Оттепель. Инеем души твоей коснусь
Шрифт:
Глава 11
Просмотр отснятых деревенских эпизодов назначили на десять часов утра. Кривицкий приехал на служебной машине. Выглядел плохо и все время потирал рукой многострадальный копчик. Будник тут же сообщил всем, что копчик теперь выполняет в организме Федора Андреича функцию второго сердца: как люди невольно держатся за сердце, которое их когда-то беспокоило, так режиссер Кривицкий в минуты тревоги и волнения хватается за копчик. Никто не засмеялся удачной шутке, а Регина Марковна укоризненно покачала головой. Какое-то напряжение чувствовалось в воздухе, и, когда погасили свет и на экране замелькали первые кадры, напряжение это почему-то усилилось. Особенно мрачен и взволнован был Егор Мячин.
— Он теперь прыгать должен от радости, — заметила гримерша
— Боюсь, как бы эта ненаглядная его самого не добила! — яростно ответила ей сквозь зубы гримерша Лида. — Такой мужчина замечательный! Попался, как все… Увела из-под носа!

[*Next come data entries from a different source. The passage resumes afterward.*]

-- ===== src/Booking/Outcome/Reaction.antt =====
-- apps/services/booking-service/src/projector.rs: what the transaction of a SPOTS event leaves in the
-- tables, one booking of the spot after another.
use our_driveway.Prelude.{
  ℕ, suc, ◌≤◌, ◌==◌, ◌&&◌, ltb, length, keep, arith, ◌≡◌, refl, ◌∙◌, Bool, true, false, Option,
  none, some, List, [], ◌∷◌, Bool-cases, Option-cases, inl, inr,
}
use our_driveway.Prelude.Membership.{length-keep-le}
use our_driveway.Prelude.Int.{ℤ}
use our_driveway.Prelude.Result.{ok, bind_ok}
use our_driveway.Shared.Bookings.{Booking, BookingEvent, Status, status_eq, spot_unavailable}
use our_driveway.Shared.Slots.{Availability}
use our_driveway.Shared.Spots.{SpotEvent, spot_id_of}
use our_driveway.Booking.Availability.{check}
use our_driveway.Booking.Schedule.{Calendar}
use our_driveway.Booking.Table.{Db, Stamp, upcoming_confirmed, merge, set_spot_version}
use our_driveway.Booking.Reactor.{
  is_ok, cancel_unavailable, patch_of, fits, kept_by, cancel_each, withdraw, react, apply_spot,
}
use our_driveway.Booking.Outcome.{Outcome, Outcome-spots, due}
use our_driveway.Booking.Outcome.Chain.{Chain, stop, skip, link, Chain-extend}
use our_driveway.Booking.Outcome.Handlers.{cancel_unavailable-Settles}

-- Whether a paid booking outlives an event of its spot: its hours still lie in the spot's.
abbrev pub stays : Calendar → SpotEvent → Booking → Bool
stays cal (SpotEvent.created e) b = true
stays cal (SpotEvent.updated e) b = elim e.availability [
  | none ↦ true
  | some a ↦ is_ok (check cal.weekday_of a [] b.booked)
]
stays cal (SpotEvent.deleted id) b = false

-- The paid bookings of a spot that end after an instant.
abbrev pub ahead : ℕ → ℕ → List Booking → List Booking
ahead spot_id when rows =
    keep (λ b. b.spot_id == spot_id && status_eq b.status Status.confirmed && ltb when b.ends_at)
      rows

-- The bookings that an event of their spot puts in question.
abbrev pub in_question : SpotEvent → ℕ → List Booking → List Booking
in_question (SpotEvent.created e) when rows = []
in_question (SpotEvent.updated e) when rows = elim e.availability [
  | none ↦ []
  | some a ↦ ahead e.spot_id when rows
]
in_question (SpotEvent.deleted id) when rows = ahead id when rows

-- Of the bookings, in their order, each that does not stay is cancelled, if its row is there and
-- confirmed; the `n`-th takes the `n`-th stamp.
pub data Withdrawn (keeps : Booking → Bool) (stamps : ℕ → Stamp)
    : ℕ → List Booking → Db → Db → Type 0 where
  all_done : {n : ℕ} {db : Db} → Withdrawn keeps stamps n [] db db
  left :
      {n : ℕ} {b : Booking} {bs : List Booking} {db db' : Db}
      → keeps b ≡ true
      → Withdrawn keeps stamps (suc n) bs db db'
      → Withdrawn keeps stamps n (b ∷ bs) db db'
  ended :
      {n : ℕ} {b : Booking} {bs : List Booking} {db mid db' : Db}
      → keeps b ≡ false
      → Outcome
          (due (BookingEvent.cancelled b.id spot_unavailable) b.id db)
          (BookingEvent.cancelled b.id spot_unavailable)
          b.id
          (stamps n).event_id
          db
          mid
      → Withdrawn keeps stamps (suc n) bs mid db'
      → Withdrawn keeps stamps n (b ∷ bs) db db'

-- The bookings in question are gone through, and the event goes into the mirror of its spot.
pub record Reacted (cal : Calendar) (stamps : ℕ → Stamp) (event : SpotEvent) (when : ℕ)
    (version : ℤ) (db db' : Db) : Type 0 where
  pub mid : Db
  pub withdrawn : Withdrawn (stays cal event) stamps 0 (in_question event when db.bookings) db mid
  pub bookings : db'.bookings ≡ mid.bookings
  pub outbox : db'.outbox ≡ mid.outbox
  pub mirror :
      db'.spots
      ≡ set_spot_version
          (spot_id_of event)
          version
          (merge (spot_id_of event) (patch_of event) db.spots)

module _ (keeps : Booking → Bool) (stamps : ℕ → Stamp) where
  Withdrawn-spots :
      {n : ℕ} {bs : List Booking} {db db' : Db}
      → Withdrawn keeps stamps n bs db db'
      → db'.spots ≡ db.spots
  Withdrawn-spots all_done = refl
  Withdrawn-spots (left k w) = Withdrawn-spots w
  Withdrawn-spots (ended k o w) = Withdrawn-spots w ∙ Outcome-spots _ _ _ _ _ _ o

  Withdrawn-Chain :
      {n : ℕ} {bs : List Booking} {db db' : Db}
      → Withdrawn keeps stamps n bs db db'
      → Chain stamps n (length bs) db db'
  Withdrawn-Chain all_done = stop refl refl
  Withdrawn-Chain (left k w) = skip (Withdrawn-Chain w)
  Withdrawn-Chain (ended k o w) = link _ o (Withdrawn-Chain w)

in_question_bound :
    (event : SpotEvent) (when : ℕ) (rows : List Booking)
    → length (in_question event when rows) ≤ length rows
in_question_bound (SpotEvent.created e) when rows = omega arith
in_question_bound (SpotEvent.deleted id) when rows = omega (
  arith,
  length-keep-le
      (λ (b : Booking).
        b.spot_id == id && status_eq b.status Status.confirmed && ltb when b.ends_at)
      rows,
)
in_question_bound (SpotEvent.updated e) when rows = elim (Option-cases e.availability) [
  | inl h ↦ rw h (omega arith)
  | inr (a, h) ↦ rw h (
      omega (
        arith,
        length-keep-le
            (λ (b : Booking).
              b.spot_id == e.spot_id && status_eq b.status Status.confirmed && ltb when b.ends_at)
            rows,
      ))
]

pub Reacted-Chain :
    (cal : Calendar) (stamps : ℕ → Stamp) (event : SpotEvent) (when : ℕ) (version : ℤ) (db db' : Db)
    → Reacted cal stamps event when version db db'
    → (m : ℕ) × (m ≤ length db.bookings) × Chain stamps 0 m db db'
Reacted-Chain cal stamps event when version db db' r = (
  length (in_question event when db.bookings),
  in_question_bound event when db.bookings,
  Chain-extend stamps (Withdrawn-Chain (stays cal event) stamps r.withdrawn) r.bookings r.outbox,
)

module _ (cal : Calendar) (stamps : ℕ → Stamp) where
  cancel_each-Withdrawn :
      (hours : Option Availability) (n : ℕ) (bs : List Booking) (db : Db)
      → (db' : Db) × (cancel_each cal hours stamps n bs db ≡ ok (tt, db'))
        × Withdrawn (kept_by cal hours) stamps n bs db db'
  unfolding cancel_each
  cancel_each-Withdrawn hours n [] db = (db, refl, all_done)
  cancel_each-Withdrawn hours n (b ∷ rest) db = elim (Bool-cases (kept_by cal hours b)) [
    | inl k ↦
        let (db', e, w) = cancel_each-Withdrawn hours (suc n) rest db in (db', rw k e, left k w)
    | inr k ↦
        let (v, mid, e, o) = cancel_unavailable-Settles db (stamps n) b in
        let (db', f, w) = cancel_each-Withdrawn hours (suc n) rest mid in
        (db', rw k (bind_ok (cancel_unavailable (stamps n) b) _ db mid v e ∙ f), ended k o w)
  ]

  withdraw-Withdrawn :
      (hours : Option Availability) (spot_id when : ℕ) (db : Db)
      → (db' : Db) × (withdraw cal hours stamps spot_id when db ≡ ok (tt, db'))
        × Withdrawn (kept_by cal hours) stamps 0 (ahead spot_id when db.bookings) db db'
  unfolding withdraw upcoming_confirmed
  withdraw-Withdrawn hours spot_id when db =
      cancel_each-Withdrawn hours 0 (ahead spot_id when db.bookings) db

  react-Withdrawn :
      (event : SpotEvent) (when : ℕ) (db : Db)
      → (db' : Db) × (react cal stamps event when db ≡ ok (tt, db'))
        × Withdrawn (stays cal event) stamps 0 (in_question event when db.bookings) db db'
  unfolding react withdraw kept_by fits
  react-Withdrawn (SpotEvent.created e) when db = (db, refl, all_done)
  react-Withdrawn (SpotEvent.deleted id) when db = withdraw-Withdrawn none id when db
  react-Withdrawn (SpotEvent.updated e) when db = elim (Option-cases e.availability) [
    | inl h ↦ (db, rw (h, react), rw h all_done)
    | inr (a, h) ↦
        let (db', f, w) = withdraw-Withdrawn (some a) e.spot_id when db in
        (db', rw (h, react) f, rw h w)
  ]

  -- `SpotProjector::apply` always answers. Where the spot is deleted or its hours change, it goes
  -- through the confirmed bookings of the spot that end after the event, in their order: each
  -- whose hours do not lie in the spot's, or every one of a deleted spot, is cancelled as the
  -- spot's doing, if its row is still there and confirmed, with the next version and one event
  -- that tells it; the others stay. Then the event is merged into the mirror of the spot, with its
  -- version.
  pub apply_spot-Reacted :
      (event : SpotEvent) (when : ℕ) (version : ℤ) (db : Db)
      → (db' : Db) × (apply_spot cal stamps event when version db ≡ ok (tt, db'))
        × Reacted cal stamps event when version db db'
  unfolding apply_spot
  apply_spot-Reacted event when version db =
      let (mid, e, w) = react-Withdrawn event when db in
      let final : Db = record mid {
        spots =
            set_spot_version (spot_id_of event) version
              (merge (spot_id_of event) (patch_of event) mid.spots);
      } in
      (
        final,
        bind_ok (react cal stamps event when) _ db mid tt e,
        record {
          mid = mid;
          withdrawn = w;
          bookings = refl;
          outbox = refl;
          mirror = rw (Withdrawn-spots (stays cal event) stamps w);
        },
      )
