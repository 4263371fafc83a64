-- ===== src/Booking/Service.antt =====
-- apps/services/booking-service/src: service/booking_service.rs, service/payment_worker_service.rs,
-- policy/access.rs and sweeper.rs. A transaction runs as a whole on the rows; what a method reads
-- before its transaction is a snapshot of its own, the argument `read`.
pub mod Create
pub mod Settle
pub use Create.{CreateBookingRequest, Clock}
unfoldable pub use Create.{reject, create_booking}
unfoldable pub use Settle.{
  authorize, settle, release, cancel, rate, confirm_paid, sweep_one, sweep_holds, sweep,
}
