-- ===== src/Booking/System.antt =====
-- apps/services/booking-service: the service as a whole. Every handler, the sweeper, the payment worker
-- and the projector of SPOTS run as transactions on one database, in any order, and the relay
-- publishes what they leave in the outbox (bus/src/outbox.rs).
pub mod Effects
pub mod Overlap
pub mod Numbered
pub mod Log
pub mod Whole
use our_driveway.Prelude.{ℕ, ◌==◌, ◌≤◌, ◌≡◌, ◌≢◌, Bool, false, List, [], ◌∷◌, ◌++◌, any}
use our_driveway.Prelude.Membership.{In}
use our_driveway.Prelude.Int.{ℤ}
use our_driveway.Prelude.Result.{committed}
use our_driveway.Shared.Bookings.{Booking}
use our_driveway.Shared.Spots.{SpotEvent}
use our_driveway.Bus.Outbox.{Pending, delete_row}
use our_driveway.Booking.Schedule.{Calendar}
use our_driveway.Booking.Table.{Db, Stamp, Envelope}
use our_driveway.Booking.Service.{
  CreateBookingRequest, Clock, create_booking, release, cancel, rate, confirm_paid, sweep_one,
}
use our_driveway.Booking.Reactor.{apply_spot}

-- One transaction and its inputs. A `Db` among them is the snapshot that the handler read before.
pub data Call : Type 0 where
  creates : ℕ → CreateBookingRequest → ℕ → (ℕ → Stamp) → Clock → Call
  releases : Db → (ℕ → Stamp) → ℕ → ℕ → Call
  cancels : Db → (ℕ → Stamp) → ℕ → ℕ → ℕ → Call
  rates_one : Db → (ℕ → Stamp) → ℕ → ℕ → ℕ → ℤ → Call
  confirms : Db → (ℕ → Stamp) → ℕ → Call
  sweeps : (ℕ → Stamp) → Booking → Call
  mirrors : (ℕ → Stamp) → SpotEvent → ℕ → ℤ → Call

-- The stamps that a call takes from outside, in the order of its events; all but `mirrors` take one.
abbrev pub stamps_of : Call → ℕ → Stamp
stamps_of (creates renter_id request booking_id stamps clock) = stamps
stamps_of (releases read stamps renter_id booking_id) = stamps
stamps_of (cancels read stamps now renter_id booking_id) = stamps
stamps_of (rates_one read stamps now renter_id booking_id rating) = stamps
stamps_of (confirms read stamps booking_id) = stamps
stamps_of (sweeps stamps hold) = stamps
stamps_of (mirrors stamps event when version) = stamps

-- A creation reads the clock no later than `t`.
abbrev pub ReadBy : ℕ → Call → Type 0
ReadBy t (creates renter_id request booking_id stamps clock) = clock.read_at ≤ t
ReadBy t _ = Unit {0}

module _ (cal : Calendar) where
  -- The tables after a call, committed or rolled back.
  unfoldable pub run_call : Call → Db → Db
  run_call (creates renter_id request booking_id stamps clock) db =
      committed (create_booking cal renter_id request booking_id (stamps 0) clock) db
  run_call (releases read stamps renter_id booking_id) db =
      committed (release read (stamps 0) renter_id booking_id) db
  run_call (cancels read stamps now renter_id booking_id) db =
      committed (cancel cal read (stamps 0) now renter_id booking_id) db
  run_call (rates_one read stamps now renter_id booking_id rating) db =
      committed (rate read (stamps 0) now renter_id booking_id rating) db
  run_call (confirms read stamps booking_id) db =
      committed (confirm_paid read (stamps 0) booking_id) db
  run_call (sweeps stamps hold) db = committed (sweep_one (stamps 0) hold) db
  run_call (mirrors stamps event when version) db =
      committed (apply_spot cal stamps event when version) db

-- The database, and what the stream took so far.
pub record System : Type 0 where
  pub db : Db
  pub sent : List (Pending Envelope)

-- `Uuid::now_v7`: the event ids of a call are new, and no two of them are the same.
pub record Fresh (stamps : ℕ → Stamp) (db : Db) : Type 0 where
  pub unused : (n : ℕ) → any (λ p. p.id == (stamps n).event_id) db.outbox ≡ false
  pub distinct : (m n : ℕ) → m ≢ n → ((stamps n).event_id == (stamps m).event_id) ≡ false

-- The last case of a relay is a stop between the publication and the deletion.
pub data Step (cal : Calendar) (t : ℕ) (Admits : Call → Db → Type 0)
    : System → System → Type 0 where
  runs :
      (s : System) (c : Call)
      → ReadBy t c
      → Admits c s.db
      → Step cal t Admits s (record s { db = run_call cal c s.db })
  relays :
      (s : System) (row : Pending Envelope)
      → In row s.db.outbox
      → Step cal t Admits s (record {
        db = record s.db { outbox = delete_row row.id s.db.outbox };
        sent = s.sent ++ row ∷ [];
      })
  publishes :
      (s : System) (row : Pending Envelope)
      → In row s.db.outbox
      → Step cal t Admits s (record s { sent = s.sent ++ row ∷ [] })

pub data Reach (cal : Calendar) (t : ℕ) (Admits : Call → Db → Type 0) (s : System)
    : System → Type 0 where
  here : Reach cal t Admits s s
  next : {u v : System} → Reach cal t Admits s u → Step cal t Admits u v → Reach cal t Admits s v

На экране сменяли друг друга то народный артист Геннадий Будник с гладко причесанной головой, в сорочке со стоячим воротничком, то Марьяна в красных лакированных туфельках, быстро перебегающая через залитый солнцем луг, то Инга Хрусталева с ведром, полным парного молока, в полупрозрачной капроновой кофточке, сквозь которую слегка просвечивали ее высокие груди. Когда появился наконец Вася-гармонист с заложенной за левое ухо ромашкой, Регина Марковна откровенно расхохоталась и одобрительно подняла кверху большой палец. Мячин затравленно оглянулся. Лицо Кривицкого было непроницаемым.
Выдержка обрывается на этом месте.